Osprey deployment a risky move

The U.S. Defense Department has announced that 10 CV-22 Osprey tilt-rotor aircraft will be stationed at Tokyo’s Yokota Air Base by 2021, starting in 2017. This represents the first deployment of Ospreys in Japan outside of Okinawa. The U.S. Marine Corps already has 24 MV-22 Ospreys at its Futenma base in Ginowan in central Okinawa — for which the Abe administration is pushing construction of a replacement facility in the Henoko area of Nago in the northern part of the island.

Defense Minister Gen Nakatani welcomed the decision, saying that it will not only increase the deterrence and response capabilities of the Japan-U.S. alliance, thus contributing to the stability of the Asia-Pacific region, but also improve the ability to quickly carry out humanitarian assistance and rescue operations in case of a major disaster, such as a big quake hitting Tokyo.

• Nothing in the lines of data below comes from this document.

-- ===== src/Once/Tests.antt =====
-- Instances and runs of `dispatch_once_f` (src/once.c).
use swift_corelibs_libdispat.Common.{
  ℕ, suc, ◌+◌, ◌^◌, ◌≤◌, ◌<◌, ◌≡◌, refl, arith, [], ◌∷◌, ◌++◌, total,
}
use swift_corelibs_libdispat.Once.{
  once_done, Pc, idle, running, waiting, asleep, returned, step, once_wait, once_gate_broadcast,
  gate_broadcast_slow, Call, System, take, wake, Reach, here, later,
}
use swift_corelibs_libdispat.Once.Places.{runner, waker}
use swift_corelibs_libdispat.Once.Safety.{runs_at_most_once, returns_after_run, sleeper_has_waker}

-- A call of thread `self`.
abbrev call : ℕ → Pc → Call
call self p = record { self = self; pc = p }

-- Two calls, of the threads 5 and `second`.
abbrev two : ℕ → ℕ → Pc → Pc → ℕ → System
two second v p q n = record { word = v; calls = call 5 p ∷ call second q ∷ []; runs = n }

-- The first call runs the function, and the second waits for it, or for itself.
run_waits : (second : ℕ) → 0 < second → second < 2 ^ 30 → Reach (two second 5 running waiting 1)
unfolding step
run_waits second p q =
    later {before = call 5 running ∷ []} {after = []}
      (later {before = call 5 running ∷ []} {after = []}
        (later {before = []} {after = call second idle ∷ []}
          (later {before = []} {after = call second idle ∷ []}
            (here (call 5 idle ∷ call second idle ∷ [])
              (omega arith, omega arith, refl, (p, q, refl, tt)))
            (take refl))
          (take refl))
        (take refl))
      (take refl)

run_sleeps : Reach (two 7 (5 + 2 ^ 31) running asleep 1)
unfolding step once_wait
run_sleeps =
    later {before = call 5 running ∷ []} {after = []}
      (later {before = call 5 running ∷ []} {after = []} (run_waits 7 (omega arith) (omega arith))
        (take refl))
      (take refl)

run_returns : Reach (two 7 once_done returned waiting 1)
unfolding step once_gate_broadcast gate_broadcast_slow
run_returns =
    later {before = []} {after = call 7 asleep ∷ []}
      (later {before = []} {after = call 7 asleep ∷ []} run_sleeps (take refl)) (wake refl)

runs_at_most_once_example : 1 ≤ 1
runs_at_most_once_example = runs_at_most_once (two 7 once_done returned waiting 1) run_returns

returns_after_run_example :
    (suc 0 ≡ 1)
    × (once_done ≡ once_done)
    × (total runner ([] ++ call 5 returned ∷ call 7 waiting ∷ []) ≡ 0)
returns_after_run_example = returns_after_run [] (call 7 waiting ∷ []) once_done 1 5 run_returns

sleeper_has_waker_example :
    0
    < total runner (two 7 (5 + 2 ^ 31) running asleep 1).calls
      + total waker (two 7 (5 + 2 ^ 31) running asleep 1).calls
sleeper_has_waker_example =
    sleeper_has_waker (two 7 (5 + 2 ^ 31) running asleep 1) run_sleeps (omega arith)
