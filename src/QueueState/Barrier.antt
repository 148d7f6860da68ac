-- ===== src/QueueState/Barrier.antt =====
-- Barrier callers: `_dispatch_queue_try_acquire_barrier_sync` and what its success excludes
-- (src/inline_internal.h).
use swift_corelibs_libdispat.Common.{
  ℕ, ◌+◌, ◌-◌, ◌*◌, ◌^◌, ◌≤◌, ◌<◌, ◌≡◌, refl, arith, Bool, true, false, some, none, ==_iff,
}
use swift_corelibs_libdispat.Common.Bits.{field}
use swift_corelibs_libdispat.QueueState.{
  DrainKind, stealing, manager_drain, plain, lock_fails, state_init_value, in_barrier,
  try_acquire_barrier_sync_and_suspend, try_reserve_sync_width, try_acquire_async,
  dq_state_drain_owner, dq_state_is_in_barrier, dq_state_suspend_cnt, dq_state_extract_width_bits,
}

-- Every way to acquire a queue of this width fails on the state, for every thread.
pub record IsExcluded (width s : ℕ) : Type 0 where
  pub no_barrier : (tid count : ℕ) → try_acquire_barrier_sync_and_suspend width tid count s ≡ none
  pub no_sync : (tail : Bool) → try_reserve_sync_width tail s ≡ none
  pub no_async : try_acquire_async s ≡ none
  pub no_drain : (kind : DrainKind) → lock_fails kind s ≡ true

no_sync_above : (s : ℕ) (tail : Bool) → in_barrier ≤ s → try_reserve_sync_width tail s ≡ none
unfolding try_reserve_sync_width
no_sync_above s true h = refl
no_sync_above s false h = ground arith

no_drain_above : (s : ℕ) (kind : DrainKind) → in_barrier ≤ s → lock_fails kind s ≡ true
no_drain_above s stealing h = ground arith
no_drain_above s manager_drain h = ground arith
no_drain_above s plain h = ground arith

no_barrier_above :
    (width tid count s : ℕ)
    → in_barrier ≤ s
    → try_acquire_barrier_sync_and_suspend width tid count s ≡ none
unfolding try_acquire_barrier_sync_and_suspend
no_barrier_above width tid count s h = ground arith

no_async_above : (s : ℕ) → in_barrier ≤ s → try_acquire_async s ≡ none
unfolding try_acquire_async
no_async_above s h = ground arith

-- A queue that is in a barrier, waits for its activation, is inactive or is suspended (any state from
-- the barrier bit up) cannot be acquired: not by a barrier, with or without a suspension, not for a
-- sync width, not for an async width, not by a drainer of any kind.
pub above_barrier-IsExcluded : (width s : ℕ) → in_barrier ≤ s → IsExcluded width s
above_barrier-IsExcluded width s h = record {
  no_barrier = λ tid count. no_barrier_above width tid count s h;
  no_sync = λ tail. no_sync_above s tail h;
  no_async = no_async_above s h;
  no_drain = λ kind. no_drain_above s kind h;
}

-- What a barrier caller leaves on an idle queue.
abbrev acquired : ℕ → ℕ → ℕ → ℕ
acquired tid count role = 2 ^ 53 + 2 ^ 54 + field 0 30 tid + count * 2 ^ 58 + role * 2 ^ 36

acquire_idle :
    (width tid count role : ℕ)
    → 0 < width
    → width ≤ 0x1000
    → role < 4
    → try_acquire_barrier_sync_and_suspend width tid count (state_init_value width + role * 2 ^ 36)
      ≡ some (acquired tid count role)
unfolding try_acquire_barrier_sync_and_suspend
acquire_idle width tid count role p q r =
    let same : field 36 2 ((0x1000 - width) * 2 ^ 41 + role * 2 ^ 36) ≡ role = omega arith in
    rw same (rw ((==_iff (state_init_value width + role * 2 ^ 36) _).1 refl))

-- A barrier caller on an idle queue of any width and role succeeds. It leaves the queue in the barrier,
-- with the full width and the thread as the owner and as many suspensions as it asks for (below 64),
-- with its role kept; so nobody else can acquire the queue.
acquire_barrier-IsExcluded :
    (width tid count role : ℕ)
    → 0 < width
    → width ≤ 0x1000
    → count < 64
    → role < 4
    → (s : ℕ) × (try_acquire_barrier_sync_and_suspend width tid count
          (state_init_value width + role * 2 ^ 36)
        ≡ some s)
      × (dq_state_is_in_barrier s ≡ true)
      × (dq_state_extract_width_bits s ≡ 0x1000)
      × (dq_state_drain_owner s ≡ field 0 30 tid)
      × (dq_state_suspend_cnt s ≡ count)
      × (field 36 2 s ≡ role)
      × IsExcluded width s
acquire_barrier-IsExcluded width tid count role p q c r = (
  acquired tid count role,
  acquire_idle width tid count role p q r,
  ground arith,
  omega arith,
  omega arith,
  omega arith,
  omega arith,
  above_barrier-IsExcluded width (acquired tid count role) (omega arith),
)
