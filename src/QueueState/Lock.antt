-- ===== src/QueueState/Lock.antt =====
-- The drain lock: `_dispatch_queue_drain_try_lock` and `_dispatch_queue_drain_try_unlock`
-- (src/inline_internal.h).
use swift_corelibs_libdispat.Common.{
  ℕ, ◌+◌, ◌-◌, ◌*◌, ◌%◌, ◌^◌, ◌≤◌, ◌<◌, ◌≡◌, refl, ◌∙◌, arith, Bool, true, false, none, Bool-cases,
  leb, ◌&&◌, inl, inr, ◌||◌, ltb, if◌then◌else◌,
}
use swift_corelibs_libdispat.Common.Bits.{field, test_bit, set_bit, clear_field}
use swift_corelibs_libdispat.QueueState.{
  DrainKind, stealing, manager_drain, plain, lock_fails, drain_locked_state, drain_try_lock,
  drain_try_unlock, dq_state_drain_owner, dq_state_is_dirty, dq_state_max_qos, dequeue_bits,
  drain_unlock_bits, dq_state_has_pending_barrier, width_interval, width_full_bit,
}

-- The enqueued bit that a drain of this kind keeps.
abbrev pub kept_enqueued : DrainKind → ℕ → ℕ
kept_enqueued plain s = 0
kept_enqueued kind s = field 31 1 s

-- The fields that a taken lock has, each from its part.
abbrev locked : ℕ → ℕ → ℕ → ℕ → ℕ → ℕ → ℕ
locked o e q r m b = e * 2 ^ 31 + q * 2 ^ 32 + (r * 2 ^ 36 + m * 2 ^ 38) + o + 2 ^ 53 + b * 2 ^ 54

field31 : (s : ℕ) → field 31 4 s ≡ field 31 1 s + 2 * field 32 3 s
field31 s = omega arith

field36 : (s : ℕ) → field 36 3 s ≡ field 36 2 s + 4 * field 38 1 s
field36 s = omega arith

abbrev barrier_bit : ℕ → ℕ → ℕ
barrier_bit width s =
    if dq_state_has_pending_barrier s || ltb (s + (width - 1) * width_interval) width_full_bit
    then 1
    else 0

drain_locked_state-locked :
    (width tid s : ℕ)
    → drain_locked_state width tid s
      ≡ locked
          (field 0 30 tid)
          (field 31 1 s)
          (field 32 3 s)
          (field 36 2 s)
          (field 38 1 s)
          (barrier_bit width s)
unfolding drain_locked_state
drain_locked_state-locked width tid s =
    rw (field31 s, field36 s)
      (elim (Bool-cases
        (dq_state_has_pending_barrier s || ltb (s + (width - 1) * width_interval) width_full_bit)) [
          | inl e ↦ rw e (omega arith)
          | inr e ↦ rw e (omega arith)
        ])

module _ (o e q r m b : ℕ) (ho : o < 2 ^ 30) (he : e < 2) (hq : q < 8) (hr : r < 4) (hm : m < 2)
    (hb : b < 2) where
  field53-locked : field 53 2 (locked o e q r m b) ≡ 1 + 2 * b
  field53-locked = omega arith

  field31-locked : field 31 1 (locked o e q r m b) ≡ e
  field31-locked = omega arith

  field38-locked : field 38 1 (locked o e q r m b) ≡ m
  field38-locked = omega arith

  field32-locked : field 32 3 (locked o e q r m b) ≡ q
  field32-locked = omega arith

  field0-locked : field 0 30 (locked o e q r m b) ≡ o
  field0-locked = omega arith

  dirty-locked : test_bit 39 (locked o e q r m b) ≡ false
  dirty-locked = ground arith

-- A state between the lock and the release of its bits: the drain lock's owner, the bits that the
-- lock preserves, and the width.
abbrev resting : ℕ → ℕ → ℕ → ℕ → ℕ → ℕ → ℕ
resting o e q r m w = e * 2 ^ 31 + q * 2 ^ 32 + (r * 2 ^ 36 + m * 2 ^ 38) + o + w * 2 ^ 41

module _ (o e q r m w : ℕ) (ho : o < 2 ^ 30) (he : e < 2) (hq : q < 8) (hr : r < 4) (hm : m < 2)
    (hw : w < 2 ^ 12) where
  drain_unlock_bits-resting : drain_unlock_bits (resting o e q r m w) ≡ resting 0 e q r m w
  drain_unlock_bits-resting = omega arith

  clear_qos-resting : clear_field 32 3 (resting 0 e q r m w) ≡ resting 0 e 0 r m w
  clear_qos-resting = omega arith

  set_dirty-resting : set_bit 39 (resting 0 e q r m w) ≡ resting 0 e q r m w + 2 ^ 39
  set_dirty-resting = omega arith

  -- Giving back what a plain drainer, or one that leaves the dequeue bits alone, owns.
  give_back :
      (b d : ℕ)
      → b < 2
      → d ≤ e * 2 ^ 31 + m * 2 ^ 38
      → (locked o e q r m b + 2 ^ 64 - ((1 + 2 * b) * 2 ^ 53 + d - w * 2 ^ 41)) % 2 ^ 64
        ≡ resting o e q r m w - d
  give_back b d hb hd = omega arith

module _ (o e q r m b : ℕ) (ho : o < 2 ^ 30) (he : e < 2) (hq : q < 8) (hr : r < 4) (hm : m < 2)
    (hb : b < 2) where
  override-locked : test_bit 35 (locked o e q r m b) ≡ false
  override-locked = ground arith

  suspended-locked : leb (2 ^ 55) (locked o e q r m b) ≡ false
  suspended-locked = ground arith

  and_false : (x : Bool) → (x && false) ≡ false
  and_false true = refl
  and_false false = refl

  -- An unlock of a state that the lock left.
  drain_try_unlock-locked :
      (owned : ℕ) (done : Bool)
      → (let new = drain_unlock_bits ((locked o e q r m b + 2 ^ 64 - owned) % 2 ^ 64) in
          drain_try_unlock owned done (locked o e q r m b)
          ≡ ((if done then clear_field 32 3 new else set_bit 39 new), true, none))
  unfolding drain_try_unlock
  drain_try_unlock-locked owned true =
      rw (suspended-locked, dirty-locked o e q r m b ho he hq hr hm hb, override-locked, and_false)
  drain_try_unlock-locked owned false =
      rw (suspended-locked, dirty-locked o e q r m b ho he hq hr hm hb, override-locked, and_false)

-- What a lock by `kind` of the state `s` leaves when it is released: the bits that the lock
-- preserves, less the one that the kind dequeues, and the width as it was; after a drain that is done
-- no QoS, else the QoS and the dirty bit.
abbrev pub released : DrainKind → Bool → ℕ → ℕ
released kind true s =
    kept_enqueued kind s * 2 ^ 31 + field 36 2 s * 2 ^ 36 + field 41 13 s * 2 ^ 41
released kind false s =
    kept_enqueued kind s * 2 ^ 31
    + dq_state_max_qos s * 2 ^ 32
    + field 36 2 s * 2 ^ 36
    + 2 ^ 39
    + field 41 13 s * 2 ^ 41

released-resting :
    (kind : DrainKind) (done : Bool) (s : ℕ)
    → (let e = kept_enqueued kind s in
        if done
        then resting 0 e 0 (field 36 2 s) 0 (field 41 13 s)
        else resting 0 e (field 32 3 s) (field 36 2 s) 0 (field 41 13 s) + 2 ^ 39)
      ≡ released kind done s
released-resting kind true s = omega arith
released-resting kind false s = omega arith

-- `s & dequeue_mask` from the two bits that a mask can name.
abbrev dequeued : DrainKind → ℕ → ℕ → ℕ
dequeued stealing e m = 0
dequeued manager_drain e m = m * 2 ^ 38
dequeued plain e m = e * 2 ^ 31

dequeue_bits-locked :
    (kind : DrainKind) (o e q r m b : ℕ)
    → o < 2 ^ 30
    → e < 2
    → q < 8
    → r < 4
    → m < 2
    → b < 2
    → dequeue_bits kind (locked o e q r m b) ≡ dequeued kind e m
dequeue_bits-locked stealing o e q r m b ho he hq hr hm hb = refl
dequeue_bits-locked manager_drain o e q r m b ho he hq hr hm hb =
    rw (field38-locked o e q r m b ho he hq hr hm hb)
dequeue_bits-locked plain o e q r m b ho he hq hr hm hb =
    rw (field31-locked o e q r m b ho he hq hr hm hb)

barrier_bit_lt : (width s : ℕ) → barrier_bit width s < 2
barrier_bit_lt width s = ground arith

-- What a lock that succeeds leaves and returns.
module _ (kind : DrainKind) (width tid floor s : ℕ) (free : lock_fails kind s ≡ false) where
  abbrev taken : ℕ
  taken =
      locked (field 0 30 tid) (field 31 1 s) (field 32 3 s) (field 36 2 s) (field 38 1 s)
        (barrier_bit width s)

  state-taken : (drain_try_lock kind width tid floor s).state ≡ taken
  unfolding drain_try_lock
  state-taken = rw free (drain_locked_state-locked width tid s)

  owned-taken :
      (drain_try_lock kind width tid floor s).owned
      ≡ (1 + 2 * barrier_bit width s) * 2 ^ 53
        + dequeued kind (field 31 1 s) (field 38 1 s)
        - field 41 13 s * 2 ^ 41
  unfolding drain_try_lock
  owned-taken = rw (
    free,
    drain_locked_state-locked width tid s,
    field53-locked (field 0 30 tid) (field 31 1 s) (field 32 3 s) (field 36 2 s) (field 38 1 s)
        (barrier_bit width s) (omega arith) (omega arith) (omega arith) (omega arith) (omega arith)
        (barrier_bit_lt width s),
    dequeue_bits-locked kind (field 0 30 tid) (field 31 1 s) (field 32 3 s) (field 36 2 s)
        (field 38 1 s) (barrier_bit width s) (omega arith) (omega arith) (omega arith) (omega arith)
        (omega arith) (barrier_bit_lt width s),
  )

module _ (o e q r m w b : ℕ) (ho : o < 2 ^ 30) (he : e < 2) (hq : q < 8) (hr : r < 4) (hm : m < 2)
    (hb : b < 2) (hw : w < 2 ^ 12) where
  unlock_taken :
      (d e' m' : ℕ) (done : Bool)
      → d ≤ e * 2 ^ 31 + m * 2 ^ 38
      → e' < 2
      → m' < 2
      → resting o e q r m w - d ≡ resting o e' q r m' w
      → drain_try_unlock ((1 + 2 * b) * 2 ^ 53 + d - w * 2 ^ 41) done (locked o e q r m b)
        ≡ ((if done then resting 0 e' 0 r m' w else resting 0 e' q r m' w + 2 ^ 39), true, none)
  unlock_taken d e' m' done hd he' hm' same =
      drain_try_unlock-locked o e q r m b ho he hq hr hm hb ((1 + 2 * b) * 2 ^ 53 + d - w * 2 ^ 41)
        done
      ∙ rw (
        give_back o e q r m w ho he hq hr hm hw b d hb hd,
        same,
        drain_unlock_bits-resting o e' q r m' w ho he' hq hr hm' hw,
        clear_qos-resting o e' q r m' w ho he' hq hr hm' hw,
        set_dirty-resting o e' q r m' w ho he' hq hr hm' hw,
      )

-- What each kind dequeues and what it keeps.
record Dequeues (kind : DrainKind) (o q r w s : ℕ) : Type 0 where
  le : dequeued kind (field 31 1 s) (field 38 1 s) ≤ field 31 1 s * 2 ^ 31 + field 38 1 s * 2 ^ 38
  kept_lt : kept_enqueued kind s < 2
  same :
      resting o (field 31 1 s) q r (field 38 1 s) w - dequeued kind (field 31 1 s) (field 38 1 s)
      ≡ resting o (kept_enqueued kind s) q r 0 w

dequeues : (kind : DrainKind) (o q r w s : ℕ) → lock_fails kind s ≡ false → Dequeues kind o q r w s
dequeues stealing o q r w s h =
    let m : field 38 1 s ≡ 0 = ground arith in
    record { le = omega arith; kept_lt = omega arith; same = omega arith }
dequeues manager_drain o q r w s h = record {
  le = omega arith;
  kept_lt = omega arith;
  same = omega arith;
}
dequeues plain o q r w s h =
    let m : field 38 1 s ≡ 0 = ground arith in
    record { le = omega arith; kept_lt = omega arith; same = omega arith }

width_below : (kind : DrainKind) (s : ℕ) → lock_fails kind s ≡ false → field 41 13 s < 2 ^ 12
width_below stealing s h = ground arith
width_below manager_drain s h = ground arith
width_below plain s h = ground arith

-- A drainer that takes the drain lock and, with no other update in between, unlocks with what it owns
-- succeeds, and leaves exactly the state of `released`: the width is what it was, the lock is free.
pub drain_try_lock-drain_try_unlock :
    (kind : DrainKind) (width tid floor s : ℕ) (done : Bool)
    → lock_fails kind s ≡ false
    → (let r = drain_try_lock kind width tid floor s in drain_try_unlock r.owned done r.state)
      ≡ (released kind done s, true, none)
drain_try_lock-drain_try_unlock kind width tid floor s done h =
    let d = dequeues kind (field 0 30 tid) (field 32 3 s) (field 36 2 s) (field 41 13 s) s h in
    rw
      (
        owned-taken kind width tid floor s h,
        state-taken kind width tid floor s h,
        ← released-resting kind done s,
      )
      (unlock_taken (field 0 30 tid) (field 31 1 s) (field 32 3 s) (field 36 2 s) (field 38 1 s)
        (field 41 13 s) (barrier_bit width s) (omega arith) (omega arith) (omega arith)
        (omega arith) (omega arith) (barrier_bit_lt width s) (width_below kind s h)
        (dequeued kind (field 31 1 s) (field 38 1 s)) (kept_enqueued kind s) 0 done d.le d.kept_lt
        (omega arith) d.same)

full_fails : (kind : DrainKind) (s : ℕ) → 2 ^ 53 ≤ s → lock_fails kind s ≡ true
full_fails stealing s h = ground arith
full_fails manager_drain s h = ground arith
full_fails plain s h = ground arith

owned_of_fail :
    (kind : DrainKind) (width tid floor s : ℕ)
    → lock_fails kind s ≡ true
    → (drain_try_lock kind width tid floor s).owned ≡ 0
unfolding drain_try_lock
owned_of_fail stealing width tid floor s h = rw h
owned_of_fail manager_drain width tid floor s h = rw h
owned_of_fail plain width tid floor s h = rw h

-- A lock that succeeds sets the owner to the thread, clears the dirty bit, keeps the max QoS, and
-- excludes every other drainer: whatever its kind, its width and its floor, it then fails and owns
-- nothing.
pub drain_try_lock-excludes :
    (kind other : DrainKind) (width width' tid tid' floor floor' s : ℕ)
    → lock_fails kind s ≡ false
    → let r = drain_try_lock kind width tid floor s in
      (dq_state_drain_owner r.state ≡ field 0 30 tid)
      × (dq_state_is_dirty r.state ≡ false)
      × (dq_state_max_qos r.state ≡ dq_state_max_qos s)
      × (lock_fails other r.state ≡ true)
      × ((drain_try_lock other width' tid' floor' r.state).owned ≡ 0)
drain_try_lock-excludes kind other width width' tid tid' floor floor' s h =
    rw (state-taken kind width tid floor s h) (
      excludes_taken (field 0 30 tid) (field 31 1 s) (field 32 3 s) (field 36 2 s) (field 38 1 s)
        (barrier_bit width s) (omega arith) (omega arith) (omega arith) (omega arith) (omega arith)
        (barrier_bit_lt width s))
  where
    excludes_taken :
        (o e q r m b : ℕ)
        → o < 2 ^ 30
        → e < 2
        → q < 8
        → r < 4
        → m < 2
        → b < 2
        → (dq_state_drain_owner (locked o e q r m b) ≡ o)
          × (dq_state_is_dirty (locked o e q r m b) ≡ false)
          × (dq_state_max_qos (locked o e q r m b) ≡ q)
          × (lock_fails other (locked o e q r m b) ≡ true)
          × ((drain_try_lock other width' tid' floor' (locked o e q r m b)).owned ≡ 0)
    excludes_taken o e q r m b ho he hq hr hm hb = (
      field0-locked o e q r m b ho he hq hr hm hb,
      dirty-locked o e q r m b ho he hq hr hm hb,
      field32-locked o e q r m b ho he hq hr hm hb,
      full_fails other (locked o e q r m b) (omega arith),
      owned_of_fail other width' tid' floor' (locked o e q r m b)
          (full_fails other (locked o e q r m b) (omega arith)),
    )
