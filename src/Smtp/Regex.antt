-- ===== src/Smtp/Regex.antt =====
-- The regular expressions of server/src/smtp.c, as `regexec` reads them with REG_EXTENDED and
-- REG_ICASE. The classes that follow one another are disjoint, so a match has one shape only.
pub mod Address
pub mod Paths
use iu7_pvs_cp.Base.{
  ℕ, ◌+◌, Bool, true, false, ◌&&◌, ◌||◌, [], ◌∷◌, ◌++◌, Option, none, some, ◌==◌, if◌then◌else◌,
  Bytes, between, to_lower, str_eq_ignore_case, codes,
}
use mathlib.Core.Option

-- [0-9a-zA-Z\\-]: inside the brackets the backslash stands for itself.
unfoldable pub is_atom_char : ℕ → Bool
is_atom_char c =
    between b'0' b'9' c || between b'a' b'z' c || between b'A' b'Z' c || c == b'\\' || c == b'-'

abbrev pub push : ℕ → Option (Bytes × Bytes) → Option (Bytes × Bytes)
push c = Option.map (λ (m : Bytes × Bytes). (c ∷ m.0, m.1))

-- REGEX_DOMAIN, an atom and any number of "." and an atom: what it matches and what is left. The
-- flag says that the atom at hand has a byte already.
unfoldable pub match_domain : Bool → Bytes → Option (Bytes × Bytes)
unfolding is_atom_char
match_domain begun [] = if begun then some ([], []) else none
match_domain begun (c ∷ cs) =
    let same = match_domain true cs in
    let next = match_domain false cs in
    if is_atom_char c
    then push c same
    else if begun && c == b'.'
    then push c next
    else if begun
    then some ([], c ∷ cs)
    else none

-- The rest behind a byte that must come next.
unfoldable pub expect : ℕ → Bytes → Option Bytes
expect c [] = none
expect c (d ∷ cs) = if d == c then some cs else none

infixl 5 ◌>>=◌
abbrev pub ◌>>=◌ {ℓ κ} : {A : Type ℓ} {B : Type κ} → Option A → (A → Option B) → Option B
none >>= f = none
some a >>= f = f a

-- REGEX_MAIL: the mailbox and what is left.
unfoldable pub match_mail : Bytes → Option (Bytes × Bytes)
unfolding match_domain expect
match_mail s = do
  l ← match_domain false s
  r ← expect b'@' l.1
  d ← match_domain false r
  some (l.0 ++ b'@' ∷ d.0, d.1)

-- The literal bytes of an expression, matched with REG_ICASE: what is left behind them.
unfoldable pub match_literal : Bytes → Bytes → Option Bytes
unfolding to_lower
match_literal [] s = some s
match_literal (p ∷ ps) [] = none
match_literal (p ∷ ps) (c ∷ cs) =
    let rest = match_literal ps cs in if to_lower c == to_lower p then rest else none

-- "^MAIL FROM:<" REGEX_MAIL ">.*$": the first group.
unfoldable pub match_mail_from : Bytes → Option Bytes
unfolding match_literal match_mail expect
match_mail_from command = do
  s ← match_literal (codes "MAIL FROM:<") command
  m ← match_mail s
  rest ← expect b'>' m.1
  some m.0

abbrev at_end : Bytes → Bytes → Option Bytes
at_end mail [] = some mail
at_end mail (c ∷ cs) = none

-- "^RCPT TO:<" REGEX_MAIL ">$": the first group.
unfoldable pub match_rcpt_to : Bytes → Option Bytes
unfolding match_literal match_mail expect
match_rcpt_to command = do
  s ← match_literal (codes "RCPT TO:<") command
  m ← match_mail s
  rest ← expect b'>' m.1
  at_end m.0 rest

-- "^DATA$", "^RSET$" and "^QUIT$".
abbrev pub match_word : Bytes → Bytes → Bool
match_word word command = str_eq_ignore_case command word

But the Abe administration should keep in mind that the decision — which came without prior explanations to the public — is causing dissatisfaction and concern among people who live near the Yokota base.

Two years ago, Chief Cabinet Secretary Yoshihide Suga said that there would be no deployment of Ospreys at the base. Mayor Ikuo Kato of Fussa said the city can’t accept the decision, pointing to past accidents involving Ospreys and citing fears about their safety among many of the local residents. The area around the base is densely populated and local residents have long expressed fears about possible accidents involving U.S. military aircraft and complaints about jet noise.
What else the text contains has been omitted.